§ Task directions
Copy out every line holding the string "text" from the records below.
[Data for review]
-- ===== src/Config/Types.antt =====
-- src/config.rs: the configuration records. A path is its text, a duration its nanoseconds, and the
-- type of the rates is a parameter.
use tak_bench.Prelude.{ℕ, Bool, Option, List}
use tak_bench.Prelude.Bytes.{Str}
use tak_bench.Prelude.Time.{Duration}
use tak_bench.Config.Enums.{
  Environment, Profile, RampStrategy, ParticipantRole, ScenarioKind, Movement, InvalidEventKind,
}

pub record SynchronizationConfig : Type 0 where
  pub wait_for_ready : List Str
  pub timeout : Option Duration

pub record AuthorizationConfig : Type 0 where
  pub acknowledged : Bool

pub record TargetConfig : Type 0 where
  pub server : Str
  pub sni : Option Str

pub record TlsConfig : Type 0 where
  pub enabled : Bool
  pub ca : Option Str
  pub client_cert : Option Str
  pub client_key : Option Str
  pub client_cert_template : Option Str
  pub client_key_template : Option Str

pub record RunConfig (F64 : Type 0) : Type 0 where
  pub profile : Profile
  pub clients : ℕ
  pub max_clients : ℕ
  pub duration : Duration
  pub gps_interval : Duration
  pub max_rate : Option F64

pub record RampStep : Type 0 where
  pub at : Duration
  pub clients : ℕ

pub record SchedulerConfig : Type 0 where
  pub strategy : RampStrategy
  pub ramp_up : Duration
  pub ramp_down : Duration
  pub steps : List RampStep
  pub seed : Option ℕ

pub record ReconnectConfig : Type 0 where
  pub enabled : Bool
  pub min_backoff : Duration
  pub max_backoff : Duration
  pub max_attempts : ℕ
  pub jitter_percent : ℕ

pub record TimeoutConfig : Type 0 where
  pub connect : Duration
  pub tls_handshake : Duration
  pub read : Duration
  pub write : Duration

pub record AbortConfig (F64 : Type 0) : Type 0 where
  pub connection_error_rate : Option F64
  pub message_error_rate : Option F64
  pub p95_latency : Option Duration
  pub p99_latency : Option Duration
  pub max_dropped_messages : Option ℕ
  pub min_samples : Option ℕ

pub record ParticipantConfig : Type 0 where
  pub id : Str
  pub role : ParticipantRole
  pub read_delay : Option Duration
  pub pause_read_for : Option Duration

pub record RoutingAssertion : Type 0 where
  pub sender : Str
  pub receivers : List Str
  pub forbidden_receivers : List Str
  pub timeout : Option Duration

pub record FragmentationConfig : Type 0 where
  pub chunk_sizes : List ℕ
  pub events_per_write : ℕ

pub record InvalidScenarioConfig : Type 0 where
  pub enabled : Bool
  pub kind : Option InvalidEventKind
  pub max_events : Option ℕ

pub record SlowConnectConfig : Type 0 where
  pub enabled : Bool
  pub initial_write_delay : Duration

pub record AbruptDisconnectConfig : Type 0 where
  pub enabled : Bool
  pub after_events : ℕ

pub record ScenarioConfig : Type 0 where
  pub kind : ScenarioKind
  pub movement : Movement
  pub routing : List RoutingAssertion
  pub fragmentation : FragmentationConfig
  pub invalid : InvalidScenarioConfig
  pub slow_connect : SlowConnectConfig
  pub abrupt_disconnect : AbruptDisconnectConfig

pub record OutputConfig : Type 0 where
  pub json : Option Str
  pub lifecycle_jsonl : Bool

pub record AppConfig (F64 : Type 0) : Type 0 where
  pub version : ℕ
  pub authorization : AuthorizationConfig
  pub environment : Environment
  pub allow_hosts : List Str
  pub target : TargetConfig
  pub tls : TlsConfig
  pub run : RunConfig F64
  pub scheduler : SchedulerConfig
  pub reconnect : ReconnectConfig
  pub timeouts : TimeoutConfig
  pub abort : AbortConfig F64
  pub participants : List ParticipantConfig
  pub synchronization : SynchronizationConfig
  pub scenario : ScenarioConfig
  pub output : OutputConfig
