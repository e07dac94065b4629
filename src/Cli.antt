-- ===== src/Cli.antt =====
-- src/main.rs: the overrides of the command line, the structural check, and the errors it prints.
-- Reading files and writing JSON are parameters.
pub mod Overrides
pub mod Errors
pub mod Sanitized
pub mod Commands
pub mod Preflight
pub mod Quiet
pub mod Main
mod Examples
mod Tests
use tak_bench.Prelude.{
  ℕ, Bool, true, false, ◌||◌, Option, none, some, List, [], ◌∷◌, ◌++◌, Result, ok, err, ◌>>=◌,
  map_err,
}
use tak_bench.Prelude.Bytes.{Str, bytes, str_eq}
use tak_bench.Prelude.Time.{Duration}
use tak_bench.Config.Enums.{Environment, Profile, environment_from_str, profile_from_str}
use tak_bench.Config.Parse.{Parsed, parsed, rejected, panicked, parse_cli_duration}
use tak_bench.Config.Types.{AppConfig}

pub record RunArgs (F64 : Type 0) : Type 0 where
  pub config : Option Str
  pub server : Option Str
  pub environment : Option Str
  pub profile : Option Str
  pub clients : Option ℕ
  pub max_clients : Option ℕ
  pub duration : Option Str
  pub gps_interval : Option Str
  pub max_rate : Option F64
  pub json : Option Str
  pub lifecycle_jsonl : Bool
  pub acknowledge_authorization : Bool
  pub allow_production : Bool
  pub allow_invalid_events : Bool

-- An error message, or the panic of `split_at`
pub data Refusal : Type 0 where
  message : Str → Refusal
  panic : Refusal

abbrev pub duration_result : Parsed → Result Refusal Duration
duration_result (parsed d) = ok d
duration_result (rejected raw) = err (message raw)
duration_result panicked = err panic

module _ {F64 : Type 0} where
  -- `if let Some(value) = ..` with an assignment, or with one that can fail
  abbrev pub assign :
      {A : Type 0} → Option A → (A → AppConfig F64 → AppConfig F64) → AppConfig F64 → AppConfig F64
  assign none set config = config
  assign (some value) set config = set value config

  abbrev pub try_assign :
      {A : Type 0}
      → Option Str
      → (Str → Result Refusal A)
      → (A → AppConfig F64 → AppConfig F64)
      → AppConfig F64
      → Result Refusal (AppConfig F64)
  try_assign none read set config = ok config
  try_assign (some text) read set config = read text >>= λ value. ok (set value config)

  abbrev pub set_server : Str → AppConfig F64 → AppConfig F64
  set_server server config = record config { target = record config.target { server = server } }

  abbrev pub set_environment : Environment → AppConfig F64 → AppConfig F64
  set_environment environment config = record config { environment = environment }

  abbrev pub set_profile : Profile → AppConfig F64 → AppConfig F64
  set_profile profile config = record config { run = record config.run { profile = profile } }

  abbrev pub set_clients : ℕ → AppConfig F64 → AppConfig F64
  set_clients clients config = record config { run = record config.run { clients = clients } }

  abbrev pub set_max_clients : ℕ → AppConfig F64 → AppConfig F64
  set_max_clients clients config = record config {
    run = record config.run { max_clients = clients };
  }

  abbrev pub set_duration : Duration → AppConfig F64 → AppConfig F64
  set_duration duration config = record config { run = record config.run { duration = duration } }

  abbrev pub set_gps_interval : Duration → AppConfig F64 → AppConfig F64
  set_gps_interval interval config = record config {
    run = record config.run { gps_interval = interval };
  }

  abbrev pub set_max_rate : F64 → AppConfig F64 → AppConfig F64
  set_max_rate rate config = record config { run = record config.run { max_rate = some rate } }

  abbrev pub set_json : Str → AppConfig F64 → AppConfig F64
  set_json path config = record config { output = record config.output { json = some path } }

  -- The forced profile of `smoke`, or else the one of the arguments
  unfoldable pub choose_profile :
      Option Profile → Option Str → AppConfig F64 → Result Refusal (AppConfig F64)
  choose_profile (some profile) argument config = ok (set_profile profile config)
  choose_profile none argument config =
      try_assign argument (λ text. map_err message (profile_from_str text)) set_profile config

  -- `|=` for the two flags
  unfoldable pub raise_flags : RunArgs F64 → AppConfig F64 → AppConfig F64
  raise_flags args config = record config {
    output = record config.output {
      lifecycle_jsonl = config.output.lifecycle_jsonl || args.lifecycle_jsonl;
    };
    authorization = record {
      acknowledged = config.authorization.acknowledged || args.acknowledge_authorization;
    };
  }

  -- With or without checks of overflow in the products of durations
  unfoldable pub apply_overrides :
      Bool → RunArgs F64 → Option Profile → AppConfig F64 → Result Refusal (AppConfig F64)
  apply_overrides checks args forced_profile config = do
    c1 ←
        try_assign args.environment (λ text. map_err message (environment_from_str text))
          set_environment (assign args.server set_server config)
    c2 ← choose_profile forced_profile args.profile c1
    c3 ←
        try_assign args.duration (λ text. duration_result (parse_cli_duration checks text))
          set_duration
          (assign args.max_clients set_max_clients (assign args.clients set_clients c2))
    c4 ←
        try_assign args.gps_interval (λ text. duration_result (parse_cli_duration checks text))
          set_gps_interval c3
    ok (raise_flags args (assign args.json set_json (assign args.max_rate set_max_rate c4)))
[/Data for review]
§ Written response
-- src/config.rs: the configuration records. A path is its text, a duration its nanoseconds, and the
  try_assign (some text) read set config = read text >>= λ value. ok (set value config)
      try_assign argument (λ text. map_err message (profile_from_str text)) set_profile config
        try_assign args.environment (λ text. map_err message (environment_from_str text))
        try_assign args.duration (λ text. duration_result (parse_cli_duration checks text))
        try_assign args.gps_interval (λ text. duration_result (parse_cli_duration checks text))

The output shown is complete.